YOUR GOAL: Set every entry down again exactly, omitting none.

RECORDS SHOWN:
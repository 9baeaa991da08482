-- ===== src/Chat/View/Moves.antt =====
-- What a view shows after the operations of the chat model that add a row at the end or take one out.
use mathlib.Core.List.{append-nil}
use neo_nect_desktop.Base.{
  ℕ, zero, suc, ◌+◌, ◌-◌, Bool, true, false, List, [], ◌∷◌, ◌++◌, ◌≡◌, refl, ap, arith, Bool-cases,
  inl, inr, Option-cases, modify, ℤ, none, some, Option, not, length, take, drop, subst,
  drop-length-append, take_of_length-le, drop_of_length-le,
}
use neo_nect_desktop.Base.Text.{String, is_empty}
use neo_nect_desktop.Qt.{Qt, VariantMap}
use neo_nect_desktop.Chat.Item.{MessageItem}
use neo_nect_desktop.Chat.Blocks.{
  recalculate_from, recalculate_blocks, mark, joins_before, joins_after, length-recalculate_from,
}
use neo_nect_desktop.Chat.Model.{
  Role, ChatMessageModel, find_row, emit, begin_insert_rows, end_insert_rows, begin_remove_rows,
  end_remove_rows, count_changed,
}
use neo_nect_desktop.Chat.Rows.{
  insert_message, new_row, continues, continue_block, all_marks, remove_row, remove_message,
  emit_marks, insert_message_item, item_of_map,
}
use neo_nect_desktop.Chat.Slots.{on_message_removed, is_other}
use neo_nect_desktop.Chat.View.{read_rows, replay, Mirrors}
use neo_nect_desktop.Chat.View.Single.{change_row-Mirrors}

read_rows-recalculate_from :
    (p : Option MessageItem) (xs : List MessageItem)
    → read_rows 0 (length xs) all_marks (recalculate_from p xs) xs ≡ recalculate_from p xs
unfolding recalculate_from
read_rows-recalculate_from p [] = refl
read_rows-recalculate_from p (x ∷ xs) =
    ap (λ ys. mark (not (joins_before p x)) (not (joins_after x xs)) x ∷ ys)
      (read_rows-recalculate_from (some x) xs)

module _ (start : List MessageItem) where
  emit_marks-Mirrors :
      (ys : List MessageItem) (m : ChatMessageModel)
      → replay start m.trace ≡ ys
      → Mirrors start (emit_marks (record m { items = recalculate_blocks ys }))
  unfolding recalculate_blocks recalculate_from
  emit_marks-Mirrors [] m s = s
  emit_marks-Mirrors (y ∷ ys) m s =
      let n : suc (length (recalculate_from (some y) ys)) - 1 + 1 - 0 ≡ suc (length ys) =
        omega (arith, length-recalculate_from (some y) ys) in
      rw (n, s) (read_rows-recalculate_from none (y ∷ ys))

  remove_row-Mirrors :
      (i : ℕ) (m : ChatMessageModel) → Mirrors start m → Mirrors start (remove_row i m)
  remove_row-Mirrors i m s =
      emit_marks-Mirrors (take i m.items ++ drop (suc i) m.items)
        (emit (end_remove_rows i i) (record (emit (begin_remove_rows i i) m) {
          items = take i m.items ++ drop (suc i) m.items;
        }))
        (ap (λ v. take i v ++ drop (suc i) v) s)

  push-Mirrors :
      (x : MessageItem) (m : ChatMessageModel)
      → Mirrors start m
      → Mirrors start (
          emit count_changed (
            emit
              (end_insert_rows (length m.items) (length m.items))
              (record m { items = m.items ++ x ∷ [] })))
  push-Mirrors x m s =
      let one : length m.items + 1 - length m.items ≡ 1 = omega arith in
      rw
        (
          s,
          one,
          take_of_length-le (length m.items) m.items (omega arith),
          drop-length-append m.items (x ∷ []),
          drop_of_length-le (length m.items) m.items (omega arith),
        )
        (append-nil (m.items ++ x ∷ []))

  continue_block-Mirrors :
      (q : Qt) (same : Bool) (m : ChatMessageModel)
      → Mirrors start m
      → Mirrors start (continue_block q same m)
  unfolding continue_block
  continue_block-Mirrors q true m s =
      change_row-Mirrors start (λ x. record x { is_last_in_block = false })
        (Role.last_in_block ∷ []) (λ x. refl) (length m.items - 1) m s
  continue_block-Mirrors q false m s = s

  length-modify :
      (i : ℕ) (f : MessageItem → MessageItem) (xs : List MessageItem)
      → length (modify i f xs) ≡ length xs
  length-modify i f [] = refl
  length-modify zero f (x ∷ xs) = refl
  length-modify (suc i) f (x ∷ xs) = ap suc (length-modify i f xs)

  length-continue_block :
      (q : Qt) (same : Bool) (m : ChatMessageModel)
      → length (continue_block q same m).items ≡ length m.items
  unfolding continue_block
  length-continue_block q true m =
      length-modify (length m.items - 1) (λ x. record x { is_last_in_block = false }) m.items
  length-continue_block q false m = refl

  -- After a new message, by hand, is put at the end, a view that showed the rows shows the new ones:
  -- the end of the block before it, signalled while the row is being put in, is seen too.
  pub insert_message_item-Mirrors :
      (q : Qt) (uuid : String) (now : ℤ) (map : VariantMap) (m : ChatMessageModel)
      → Mirrors start m
      → Mirrors start (insert_message_item q uuid now map m)
  unfolding insert_message_item insert_message
  insert_message_item-Mirrors q uuid now map m s =
      let a = item_of_map q map in
      let same = continues a.from_me a.sender_name m.items in
      let i = length m.items in
      let d = continue_block q same (emit (begin_insert_rows i i) m) in
      let e : length d.items ≡ i = length-continue_block q same (emit (begin_insert_rows i i) m) in
      subst
        (λ k. Mirrors start (
          emit count_changed (
            emit (end_insert_rows k k)
              (record d { items = d.items ++ new_row q uuid now (not same) a ∷ [] }))))
        e
        (push-Mirrors (new_row q uuid now (not same) a) d
          (continue_block-Mirrors q same (emit (begin_insert_rows i i) m) s))

  -- After a message is removed, on every branch, a view that showed the rows shows the new ones, with
  -- the blocks that the removal joined or parted.
  pub on_message_removed-Mirrors :
      (q : Qt) (id message_id : String) (m : ChatMessageModel)
      → Mirrors start m
      → Mirrors start (on_message_removed q id message_id m)
  unfolding on_message_removed remove_message
  on_message_removed-Mirrors q id message_id m s = elim (Bool-cases (is_other q id m)) [
    | inl other ↦ rw other s
    | inr same ↦ elim (Bool-cases (is_empty message_id)) [
      | inl e ↦ rw (same, e) s
      | inr e ↦ elim (Option-cases (find_row message_id m)) [
        | inl none_found ↦ rw (same, e, none_found) s
        | inr found ↦ rw (same, e, found.1) (remove_row-Mirrors found.0 m s)
      ]
    ]
  ]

RESULT:
repository 9baeaa991da08482
-- ===== src/Chat/View/Moves.antt =====
-- What a view shows after the operations of the chat model that add a row at the end or take one out.
use mathlib.Core.List.{append-nil}
use neo_nect_desktop.Base.{
  ℕ, zero, suc, ◌+◌, ◌-◌, Bool, true, false, List, [], ◌∷◌, ◌++◌, ◌≡◌, refl, ap, arith, Bool-cases,
  inl, inr, Option-cases, modify, ℤ, none, some, Option, not, length, take, drop, subst,
  drop-length-append, take_of_length-le, drop_of_length-le,
}
use neo_nect_desktop.Base.Text.{String, is_empty}
use neo_nect_desktop.Qt.{Qt, VariantMap}
use neo_nect_desktop.Chat.Item.{MessageItem}
use neo_nect_desktop.Chat.Blocks.{
  recalculate_from, recalculate_blocks, mark, joins_before, joins_after, length-recalculate_from,
}
use neo_nect_desktop.Chat.Model.{
  Role, ChatMessageModel, find_row, emit, begin_insert_rows, end_insert_rows, begin_remove_rows,
  end_remove_rows, count_changed,
}
use neo_nect_desktop.Chat.Rows.{
  insert_message, new_row, continues, continue_block, all_marks, remove_row, remove_message,
  emit_marks, insert_message_item, item_of_map,
}
use neo_nect_desktop.Chat.Slots.{on_message_removed, is_other}
use neo_nect_desktop.Chat.View.{read_rows, replay, Mirrors}
use neo_nect_desktop.Chat.View.Single.{change_row-Mirrors}

read_rows-recalculate_from :
    (p : Option MessageItem) (xs : List MessageItem)
    → read_rows 0 (length xs) all_marks (recalculate_from p xs) xs ≡ recalculate_from p xs
unfolding recalculate_from
read_rows-recalculate_from p [] = refl
read_rows-recalculate_from p (x ∷ xs) =
    ap (λ ys. mark (not (joins_before p x)) (not (joins_after x xs)) x ∷ ys)
      (read_rows-recalculate_from (some x) xs)

module _ (start : List MessageItem) where
  emit_marks-Mirrors :
      (ys : List MessageItem) (m : ChatMessageModel)
      → replay start m.trace ≡ ys
      → Mirrors start (emit_marks (record m { items = recalculate_blocks ys }))
  unfolding recalculate_blocks recalculate_from
  emit_marks-Mirrors [] m s = s
  emit_marks-Mirrors (y ∷ ys) m s =
      let n : suc (length (recalculate_from (some y) ys)) - 1 + 1 - 0 ≡ suc (length ys) =
        omega (arith, length-recalculate_from (some y) ys) in
      rw (n, s) (read_rows-recalculate_from none (y ∷ ys))

  remove_row-Mirrors :
      (i : ℕ) (m : ChatMessageModel) → Mirrors start m → Mirrors start (remove_row i m)
  remove_row-Mirrors i m s =
      emit_marks-Mirrors (take i m.items ++ drop (suc i) m.items)
        (emit (end_remove_rows i i) (record (emit (begin_remove_rows i i) m) {
          items = take i m.items ++ drop (suc i) m.items;
        }))
        (ap (λ v. take i v ++ drop (suc i) v) s)

  push-Mirrors :
      (x : MessageItem) (m : ChatMessageModel)
      → Mirrors start m
      → Mirrors start (
          emit count_changed (
            emit
              (end_insert_rows (length m.items) (length m.items))
              (record m { items = m.items ++ x ∷ [] })))
  push-Mirrors x m s =
      let one : length m.items + 1 - length m.items ≡ 1 = omega arith in
      rw
        (
          s,
          one,
          take_of_length-le (length m.items) m.items (omega arith),
          drop-length-append m.items (x ∷ []),
          drop_of_length-le (length m.items) m.items (omega arith),
        )
        (append-nil (m.items ++ x ∷ []))

  continue_block-Mirrors :
      (q : Qt) (same : Bool) (m : ChatMessageModel)
      → Mirrors start m
      → Mirrors start (continue_block q same m)
  unfolding continue_block
  continue_block-Mirrors q true m s =
      change_row-Mirrors start (λ x. record x { is_last_in_block = false })
        (Role.last_in_block ∷ []) (λ x. refl) (length m.items - 1) m s
  continue_block-Mirrors q false m s = s

  length-modify :
      (i : ℕ) (f : MessageItem → MessageItem) (xs : List MessageItem)
      → length (modify i f xs) ≡ length xs
  length-modify i f [] = refl
  length-modify zero f (x ∷ xs) = refl
  length-modify (suc i) f (x ∷ xs) = ap suc (length-modify i f xs)

  length-continue_block :
      (q : Qt) (same : Bool) (m : ChatMessageModel)
      → length (continue_block q same m).items ≡ length m.items
  unfolding continue_block
  length-continue_block q true m =
      length-modify (length m.items - 1) (λ x. record x { is_last_in_block = false }) m.items
  length-continue_block q false m = refl

  -- After a new message, by hand, is put at the end, a view that showed the rows shows the new ones:
  -- the end of the block before it, signalled while the row is being put in, is seen too.
  pub insert_message_item-Mirrors :
      (q : Qt) (uuid : String) (now : ℤ) (map : VariantMap) (m : ChatMessageModel)
      → Mirrors start m
      → Mirrors start (insert_message_item q uuid now map m)
  unfolding insert_message_item insert_message
  insert_message_item-Mirrors q uuid now map m s =
      let a = item_of_map q map in
      let same = continues a.from_me a.sender_name m.items in
      let i = length m.items in
      let d = continue_block q same (emit (begin_insert_rows i i) m) in
      let e : length d.items ≡ i = length-continue_block q same (emit (begin_insert_rows i i) m) in
      subst
        (λ k. Mirrors start (
          emit count_changed (
            emit (end_insert_rows k k)
              (record d { items = d.items ++ new_row q uuid now (not same) a ∷ [] }))))
        e
        (push-Mirrors (new_row q uuid now (not same) a) d
          (continue_block-Mirrors q same (emit (begin_insert_rows i i) m) s))

  -- After a message is removed, on every branch, a view that showed the rows shows the new ones, with
  -- the blocks that the removal joined or parted.
  pub on_message_removed-Mirrors :
      (q : Qt) (id message_id : String) (m : ChatMessageModel)
      → Mirrors start m
      → Mirrors start (on_message_removed q id message_id m)
  unfolding on_message_removed remove_message
  on_message_removed-Mirrors q id message_id m s = elim (Bool-cases (is_other q id m)) [
    | inl other ↦ rw other s
    | inr same ↦ elim (Bool-cases (is_empty message_id)) [
      | inl e ↦ rw (same, e) s
      | inr e ↦ elim (Option-cases (find_row message_id m)) [
        | inl none_found ↦ rw (same, e, none_found) s
        | inr found ↦ rw (same, e, found.1) (remove_row-Mirrors found.0 m s)
      ]
    ]
  ]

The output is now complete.